還有,鳳公子既然打算與溫家做生意,又何必扮演挑撥離間的醜人角色?您是高高在上的貴客,秋桐不過是個微不足道的婢女,又何用您“苦口婆心、諄諄教誨”呢?“
齊鳴鳳望入她明亮堅毅的眸子裡,心下掠過一絲欣賞,只不過理智卻依舊恥笑著她的愚忠。
“好伶俐的一張利嘴,我倒想看看,大樹將傾,猢猻四散,你這樣一位忠僕還能撐得了幾時?”
秋桐聽出了他話裡有玄機,不禁一呆,著急道:“你、你打算對溫家做什麼?”
“我不是說過了嗎?我要同溫家做生意。”
他鬆開手,閒閒地道:“我喜歡富貴險中求,尤其溫家的危機正是大好時機,成,你溫家即有活路;敗,溫家就此煙消雲散。你家主母也心知肚明,想要翻身,端此一役。”
“你到底是好人還是壞人?”秋桐被他的話和態度搞得暈頭轉向,心浮氣躁,忍不住衝動地問。
“商場上沒有永遠的朋友,也沒有永遠的敵人。”他目不轉睛地盯著她,“我教你一個乖,世上沒有好人與壞人之分,只有利益多寡之別。
只要於你有利,是好是歹、是友是敵都無所謂:
待你好的人,未必不會害你,你最保護的人,也不見得會珍惜你的付出。“
“我不懂。”她有一絲迷惘,隨即警覺的問:
“你又為什麼要告訴我這些?”
齊鳴鳳深深地凝視著她,彷彿穿透過她剔透純淨的眼瞳,到了很遠很遠的一個地方。
在沉默了很久很久,久到她以為他絕不會回答之後,他才平靜地開口:“因為你愚昧的忠誠,我曾經在另外一個人身上見過。”
誰?
秋桐險險衝口而問,驀然又吞嚥回去,雙頰不自禁一紅。傻子,你這麼在乎他的話做什麼?
“我是好人或壞人,對你而言不重要。

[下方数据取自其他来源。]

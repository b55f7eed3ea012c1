-- ===== src/Primitives/Merkle/Build.antt =====
-- What `traverse_and_build` of merkleblock.rs pushes for a node, without the vectors passed along.
use fluxd_rust.Prelude.{
  ℕ, zero, suc, ◌≤◌, ◌≡◌, refl, ap, ◌∙◌, List, [], ◌∷◌, ◌++◌, append-nil, append_assoc, Bool, true,
  false, Bool-cases, inl, inr, length, length-append, ltb, if◌then◌else◌, arith,
}
use fluxd_rust.Primitives.Merkle.{
  calc_tree_width, left_of, right_of, calc_hash, parent_of_match, traverse_and_build,
}

module _ (sha256d : List ℕ → List ℕ) (n : ℕ) (txids : List (List ℕ)) (matches : List Bool) where
  abbrev pub has_right : ℕ → ℕ → Bool
  has_right height pos = ltb (right_of pos) (calc_tree_width n height)

  abbrev pub is_parent : ℕ → ℕ → Bool
  is_parent height pos = parent_of_match sha256d n txids matches height pos

  abbrev pub hash_of : ℕ → ℕ → List ℕ
  hash_of height pos = calc_hash sha256d n txids height pos

  unfoldable pub node_bits : ℕ → ℕ → List Bool
  node_bits zero pos = is_parent zero pos ∷ []
  node_bits (suc height) pos =
      let left = node_bits height (left_of pos) in
      let right = node_bits height (right_of pos) in
      is_parent (suc height) pos
      ∷ (if is_parent (suc height) pos
          then left ++ (if has_right height pos then right else [])
          else [])

  unfoldable pub node_hashes : ℕ → ℕ → List (List ℕ)
  node_hashes zero pos = hash_of zero pos ∷ []
  node_hashes (suc height) pos =
      let left = node_hashes height (left_of pos) in
      let right = node_hashes height (right_of pos) in
      if is_parent (suc height) pos
      then left ++ (if has_right height pos then right else [])
      else hash_of (suc height) pos ∷ []

  -- The matched transactions among a node's leaves.
  unfoldable pub node_matches : ℕ → ℕ → List (List ℕ)
  node_matches zero pos = if is_parent zero pos then hash_of zero pos ∷ [] else []
  node_matches (suc height) pos =
      let left = node_matches height (left_of pos) in
      let right = node_matches height (right_of pos) in
      if is_parent (suc height) pos
      then left ++ (if has_right height pos then right else [])
      else []

  pub build-node :
      (height pos : ℕ) (bits : List Bool) (hashes : List (List ℕ))
      → traverse_and_build sha256d n txids matches height pos (bits, hashes)
        ≡ (bits ++ node_bits height pos, hashes ++ node_hashes height pos)
  unfolding traverse_and_build node_bits node_hashes
  build-node zero pos bits hashes = refl
  build-node (suc height) pos bits hashes = elim (Bool-cases (is_parent (suc height) pos)) [
    | inr stop ↦ rw stop
    | inl split ↦
        let left = build-node height (left_of pos) (bits ++ (true ∷ [])) hashes in
        elim (Bool-cases (has_right height pos)) [
          | inl two ↦
              rw
                (
                  split,
                  two,
                  left,
                  build-node height (right_of pos)
                      ((bits ++ (true ∷ [])) ++ node_bits height (left_of pos))
                      (hashes ++ node_hashes height (left_of pos)),
                )
                (λ i. (
                  (append_assoc (bits ++ (true ∷ [])) (node_bits height (left_of pos))
                          (node_bits height (right_of pos))
                        ∙ append_assoc bits (true ∷ [])
                            (node_bits height (left_of pos) ++ node_bits height (right_of pos)))
                      i,
                  append_assoc hashes (node_hashes height (left_of pos))
                      (node_hashes height (right_of pos)) i,
                ))
          | inr one ↦
              rw (split, one, left, append-nil, append-nil)
                (λ i. (
                  append_assoc bits (true ∷ []) (node_bits height (left_of pos)) i,
                  hashes ++ node_hashes height (left_of pos),
                ))
        ]
  ]

  -- A node has at most as many hashes as bits, and at least one.
  pub hashes-le-bits :
      (height pos : ℕ) → length (node_hashes height pos) ≤ length (node_bits height pos)
  unfolding node_bits node_hashes
  hashes-le-bits zero pos = omega arith
  hashes-le-bits (suc height) pos = elim (Bool-cases (is_parent (suc height) pos)) [
    | inr stop ↦ rw stop (omega arith)
    | inl split ↦ elim (Bool-cases (has_right height pos)) [
      | inl two ↦
          rw (split, two)
            (omega (
              arith,
              length-append {0} (node_hashes height (left_of pos))
                  (node_hashes height (right_of pos)),
              length-append {0} (node_bits height (left_of pos)) (node_bits height (right_of pos)),
              hashes-le-bits height (left_of pos),
              hashes-le-bits height (right_of pos),
            ))
      | inr one ↦
          rw (split, one, append-nil, append-nil)
            (omega (arith, hashes-le-bits height (left_of pos)))
    ]
  ]

  -- A node's bits, hashes and matches, by what the code finds there.
  pub node_stop :
      (height pos : ℕ)
      → is_parent (suc height) pos ≡ false
      → (node_bits (suc height) pos ≡ false ∷ [])
        × (node_hashes (suc height) pos ≡ hash_of (suc height) pos ∷ [])
        × (node_matches (suc height) pos ≡ [])
  unfolding node_bits node_hashes node_matches
  node_stop height pos stop = (rw stop refl, rw stop refl, rw stop refl)

  pub node_two :
      (height pos : ℕ)
      → is_parent (suc height) pos ≡ true
      → has_right height pos ≡ true
      → (node_bits (suc height) pos
          ≡ true ∷ (node_bits height (left_of pos) ++ node_bits height (right_of pos)))
        × (node_hashes (suc height) pos
            ≡ node_hashes height (left_of pos) ++ node_hashes height (right_of pos))
        × (node_matches (suc height) pos
            ≡ node_matches height (left_of pos) ++ node_matches height (right_of pos))
  unfolding node_bits node_hashes node_matches
  node_two height pos split two = (rw (split, two) refl, rw (split, two) refl, rw (split, two) refl)

  pub node_one :
      (height pos : ℕ)
      → is_parent (suc height) pos ≡ true
      → has_right height pos ≡ false
      → (node_bits (suc height) pos ≡ true ∷ node_bits height (left_of pos))
        × (node_hashes (suc height) pos ≡ node_hashes height (left_of pos))
        × (node_matches (suc height) pos ≡ node_matches height (left_of pos))
  unfolding node_bits node_hashes node_matches
  node_one height pos split one = (
    rw (split, one) (ap (λ bs. true ∷ bs) (append-nil (node_bits height (left_of pos)))),
    rw (split, one) (append-nil (node_hashes height (left_of pos))),
    rw (split, one) (append-nil (node_matches height (left_of pos))),
  )
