-- ===== src/Primitives/Merkle/Taken.antt =====
-- merkleblock.rs: one bit and one hash that `traverse_and_extract` takes.
use fluxd_rust.Prelude.{
  ℕ, ◌+◌, ◌≡◌, refl, sym, List, [], ◌∷◌, ◌++◌, append-nil, append_assoc, Bool, true, false, length,
  length-append, get_or, leb, if◌then◌else◌, arith,
}
use fluxd_rust.Primitives.Merkle.{PartialMerkleTree, Extraction, take_hash, zero_hash}

module _ {ℓ} {A : Type ℓ} where
  pub get_or-append :
      (pre : List A) (x : A) (post : List A) (d : A) → get_or (pre ++ (x ∷ post)) (length pre) d ≡ x
  get_or-append [] x post d = refl
  get_or-append (y ∷ pre) x post d = get_or-append pre x post d

  pub leb-append :
      (pre : List A) (x : A) (post : List A) → leb (length (pre ++ (x ∷ post))) (length pre) ≡ false
  leb-append pre x post = ground (arith, length-append pre (x ∷ post))

  pub length-snoc : (pre : List A) (x : A) → length (pre ++ (x ∷ [])) ≡ length pre + 1
  length-snoc pre x = length-append pre (x ∷ [])

  -- What is behind the first element, with that element in front of it.
  pub shift_one :
      (pre : List A) (x : A) (post : List A) → pre ++ (x ∷ post) ≡ (pre ++ (x ∷ [])) ++ post
  shift_one pre x post = sym (append_assoc pre (x ∷ []) post)

-- The variables once the given bits and hashes are used.
abbrev pub used : List Bool → List (List ℕ) → List (List ℕ) → Extraction
used bits hashes out = record {
  bits_used = length bits;
  hashes_used = length hashes;
  matches_out = out;
  bad = false;
}

module _ (sha256d : List ℕ → List ℕ) (t : PartialMerkleTree) where
  pub read_bit :
      (pre : List Bool) (x : Bool) (post : List Bool)
      → t.bits ≡ pre ++ (x ∷ post)
      → get_or t.bits (length pre) false ≡ x
  read_bit pre x post at = rw at (get_or-append pre x post false)

  pub more_bits :
      (pre : List Bool) (x : Bool) (post : List Bool)
      → t.bits ≡ pre ++ (x ∷ post)
      → leb (length t.bits) (length pre) ≡ false
  more_bits pre x post at = rw at (leb-append pre x post)

  pub take_hash_read :
      (is_match : Bool) (bits : List Bool) (pre : List (List ℕ)) (x : List ℕ)
      (post out : List (List ℕ))
      → t.hashes ≡ pre ++ (x ∷ post)
      → take_hash sha256d t is_match (used bits pre out)
        ≡ (x, used bits (pre ++ (x ∷ [])) (out ++ (if is_match then x ∷ [] else [])))
  unfolding take_hash
  take_hash_read false bits pre x post out at =
      rw
        (
          at,
          leb-append pre x post,
          get_or-append pre x post zero_hash,
          length-snoc pre x,
          append-nil,
        )
        refl
  take_hash_read true bits pre x post out at =
      rw (at, leb-append pre x post, get_or-append pre x post zero_hash, length-snoc pre x) refl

”他收回了深沉得近乎溫和的目光,神情轉趨強硬。
“你只要看好溫家,讓這批絲貨能準時運作出坊交付,也就算得上無愧你家主母了。”
“不勞鳳公子費心,秋桐自當省得。”她心下有些迷惑混亂,下巴仍舊抬得高高的,不願叫他看輕。“三個月後,您就等著收貨吧。”
她對“漱玉坊”有信心,更對老夫人有信心,只要老夫人說行,那麼三個月後月光緞和霞影紗絕對能如期出貨交付,不會有機會授他以柄的!
“你真是個笨蛋。”他凝視著她。